Thanks so much. You will get due credit in the Second Edition...

Randall


----------



## Ivan (Nov 28, 2008)

These are the things I like to know about the Puritans of old: how they came to trust in Christ, their educational background, where they ministered, information about their families, and anything that is particular about them...what's different about them, what makes them worthy to be included in the next book.
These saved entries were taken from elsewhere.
-- ===== src/History/Fail.antt =====
-- `InternalResult::record_payment_fail` of fiber/src/fiber/history.rs, one definition for each branch:
-- the node that reports the error, and the error.
mod Blame
mod Final
mod Middle
pub mod Total
use Prim.Native.Nat.{compare, Ordering, max}
use ai_ckb_backend.Common.{
  ℕ, zero, suc, ◌+◌, ◌-◌, ◌≡◌, refl, Bool, true, false, not, List, [], ◌∷◌, Option, some, none,
  arith, if◌then◌else◌, ltb, leb, ◌==◌, length, any,
}
use ai_ckb_backend.Common.BTreeMap.{Ord, get, insert, Key_ord}
use ai_ckb_backend.Common.Outcome.{Outcome, ok, panic, assert, ◌>>=◌, ◌>>◌}
use ai_ckb_backend.History.ErrorCode.{
  TlcErrorCode, TlcErr, error_node_id, invalid_onion_version, invalid_onion_hmac, invalid_onion_key,
  invalid_onion_payload, incorrect_or_unknown_payment_details, invoice_expired, invoice_cancelled,
  expiry_too_far, expiry_too_soon, final_incorrect_expiry_delta, final_incorrect_tlc_amount,
  unknown_next_peer, permanent_channel_failure, fee_insufficient, incorrect_tlc_expiry,
  temporary_channel_failure,
}
use ai_ckb_backend.History.Internal.{
  InternalResult, SessionRouteNode, fail_node, fail_pair, fail_pair_balanced, fail_range_pairs,
  sub_usize, succeed_range_pairs,
}

-- The result, and whether the payment is to be tried again.
abbrev pub Verdict : Type 0
Verdict = Outcome (Unit {0}) (InternalResult × Bool)

-- The error comes from the source of the route.
unfoldable pub fail_at_source : TlcErrorCode → InternalResult → Verdict
fail_at_source invalid_onion_version r = ok (r, false)
fail_at_source invalid_onion_hmac r = ok (r, false)
fail_at_source invalid_onion_key r = ok (r, false)
fail_at_source invalid_onion_payload r = ok (r, false)
fail_at_source incorrect_or_unknown_payment_details r = ok (r, false)
fail_at_source invoice_expired r = ok (r, false)
fail_at_source invoice_cancelled r = ok (r, false)
fail_at_source expiry_too_far r = ok (r, false)
fail_at_source _ r = ok (r, true)

-- The final node blames the amount or the expiry delta that it was given.
unfoldable pub fail_final_incorrect : ℕ → List SessionRouteNode → ℕ → InternalResult → Verdict
fail_final_incorrect now nodes index r =
    if length nodes == 2
    then (do last ← sub_usize (length nodes) 1; r' ← fail_node now nodes last r; ok (r', false))
    else (do
      previous ← sub_usize index 1
      r' ← fail_pair now nodes previous r
      end ← sub_usize index 2
      r'' ← succeed_range_pairs now nodes 0 end r'
      ok (r'', true))

unfoldable pub fail_final_details : ℕ → List SessionRouteNode → InternalResult → Verdict
fail_final_details now nodes r = do
  last ← sub_usize (length nodes) 1
  r' ← succeed_range_pairs now nodes 0 last r
  ok (r', false)

unfoldable pub fail_final_other : ℕ → List SessionRouteNode → InternalResult → Verdict
fail_final_other now nodes r = do
  last ← sub_usize (length nodes) 1
  r' ← fail_node now nodes last r
  if ltb 1 (length nodes)
      then (do
        end ← sub_usize (length nodes) 2
        r'' ← succeed_range_pairs now nodes 0 end r'
        ok (r'', true))
      else ok (r', true)

-- The error comes from the last node of the route.
unfoldable pub fail_at_final :
    ℕ → List SessionRouteNode → ℕ → TlcErrorCode → InternalResult → Verdict
unfolding fail_final_incorrect fail_final_details fail_final_other
fail_at_final now nodes index final_incorrect_expiry_delta r =
    fail_final_incorrect now nodes index r
fail_at_final now nodes index final_incorrect_tlc_amount r = fail_final_incorrect now nodes index r
fail_at_final now nodes index incorrect_or_unknown_payment_details r =
    fail_final_details now nodes r
fail_at_final now nodes index invoice_expired r = fail_final_details now nodes r
fail_at_final now nodes index invoice_cancelled r = fail_final_details now nodes r
fail_at_final now nodes index expiry_too_soon r = ok (r, false)
fail_at_final now nodes index expiry_too_far r = ok (r, false)
fail_at_final now nodes index _ r = fail_final_other now nodes r

-- What the arms of the match for a node in the middle do, the result with `need_to_retry`.
unfoldable pub fail_middle_pair : ℕ → List SessionRouteNode → ℕ → InternalResult → Verdict
fail_middle_pair now nodes index r = do r' ← fail_pair now nodes index r; ok (r', true)

unfoldable pub fail_middle_payload : ℕ → List SessionRouteNode → ℕ → InternalResult → Verdict
fail_middle_payload now nodes index r = do
  r' ← fail_node now nodes index r
  if ltb 1 index
      then (do
        end ← sub_usize index 1
        r'' ← succeed_range_pairs now nodes 0 end r'
        ok (r'', true))
      else ok (r', true)

unfoldable pub fail_middle_forwarding : ℕ → List SessionRouteNode → ℕ → InternalResult → Verdict
fail_middle_forwarding now nodes index r =
    if index == 1 then (do r' ← fail_node now nodes 1 r; ok (r', false)) else (do
      previous ← sub_usize index 1
      r' ← fail_pair now nodes previous r
      if ltb 1 index
          then (do
            end ← sub_usize index 2
            r'' ← succeed_range_pairs now nodes 0 end r'
            ok (r'', false))
          else ok (r', false))

unfoldable pub fail_middle_capacity : ℕ → List SessionRouteNode → ℕ → InternalResult → Verdict
fail_middle_capacity now nodes index r = do
  r' ← fail_pair_balanced now nodes (index + 1) r
  r'' ← succeed_range_pairs now nodes 0 index r'
  ok (r'', true)

unfoldable pub fail_middle_expiry : ℕ → List SessionRouteNode → ℕ → InternalResult → Verdict
fail_middle_expiry now nodes index r =
    if index == 1
    then (do r' ← fail_node now nodes 1 r; ok (r', true))
    else (do end ← sub_usize index 1; r' ← fail_range_pairs now nodes 0 end r; ok (r', true))

unfoldable pub fail_middle_other : ℕ → List SessionRouteNode → ℕ → InternalResult → Verdict
fail_middle_other now nodes index r = do r' ← fail_node now nodes index r; ok (r', true)

unfoldable pub fail_in_middle :
    ℕ → List SessionRouteNode → ℕ → TlcErrorCode → InternalResult → Verdict
unfolding fail_middle_pair fail_middle_payload fail_middle_forwarding fail_middle_capacity
    fail_middle_expiry fail_middle_other
fail_in_middle now nodes index invalid_onion_version r = fail_middle_pair now nodes index r
fail_in_middle now nodes index invalid_onion_hmac r = fail_middle_pair now nodes index r
fail_in_middle now nodes index invalid_onion_key r = fail_middle_pair now nodes index r
fail_in_middle now nodes index invalid_onion_payload r = fail_middle_payload now nodes index r
fail_in_middle now nodes index unknown_next_peer r = fail_middle_pair now nodes (index + 1) r
fail_in_middle now nodes index permanent_channel_failure r =
    fail_middle_pair now nodes (index + 1) r
fail_in_middle now nodes index fee_insufficient r = fail_middle_forwarding now nodes index r
fail_in_middle now nodes index incorrect_tlc_expiry r = fail_middle_forwarding now nodes index r
fail_in_middle now nodes index temporary_channel_failure r = fail_middle_capacity now nodes index r
fail_in_middle now nodes index expiry_too_soon r = fail_middle_expiry now nodes index r
fail_in_middle now nodes index incorrect_or_unknown_payment_details r = ok (r, false)
fail_in_middle now nodes index invoice_expired r = ok (r, false)
fail_in_middle now nodes index invoice_cancelled r = ok (r, false)
fail_in_middle now nodes index final_incorrect_expiry_delta r = ok (r, false)
fail_in_middle now nodes index final_incorrect_tlc_amount r = ok (r, false)
fail_in_middle now nodes index _ r = fail_middle_other now nodes index r

-- `nodes.iter().position(|s| Some(s.pubkey) == error_node_id)`
abbrev pub is_node_of : Option ℕ → SessionRouteNode → Bool
is_node_of none n = false
is_node_of (some id) n = n.pubkey == id

abbrev pub shift : Option ℕ → Option ℕ
shift none = none
shift (some i) = some (suc i)

abbrev pub position : Option ℕ → List SessionRouteNode → Option ℕ
position id [] = none
position id (n ∷ ns) = if is_node_of id n then some 0 else shift (position id ns)

unfoldable pub fail_at : ℕ → List SessionRouteNode → ℕ → TlcErrorCode → InternalResult → Verdict
fail_at now nodes index code r = do
  assert (leb 2 (length nodes))
  last ← sub_usize (length nodes) 1
  if index == 0
      then fail_at_source code r
      else if index == last
      then fail_at_final now nodes index code r
      else fail_in_middle now nodes index code r

unfoldable pub record_payment_fail : ℕ → List SessionRouteNode → TlcErr → InternalResult → Verdict
unfolding fail_at
record_payment_fail now nodes tlc_err r = elim (position (error_node_id tlc_err) nodes) [
  | none ↦ ok (r, true)
  | some index ↦ fail_at now nodes index tlc_err.error_code r
]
I also like to see any painting, drawing, etc. of those included the new edition. I am interested in the little known Puritans. I'm sure they were some great men who some of us have never heard of.


----------



## Randall Pederson (Nov 28, 2008)

Ivan said:


> These are the things I like to know about the Puritans of old: how they came to trust in Christ, their educational background, where they ministered, information about their families, and anything that is particular about them...what's different about them, what makes them worthy to be included in the next book.
> 
> I also like to see any painting, drawing, etc. of those included the new edition. I am interested in the little known Puritans. I'm sure they were some great men who some of us have never heard of.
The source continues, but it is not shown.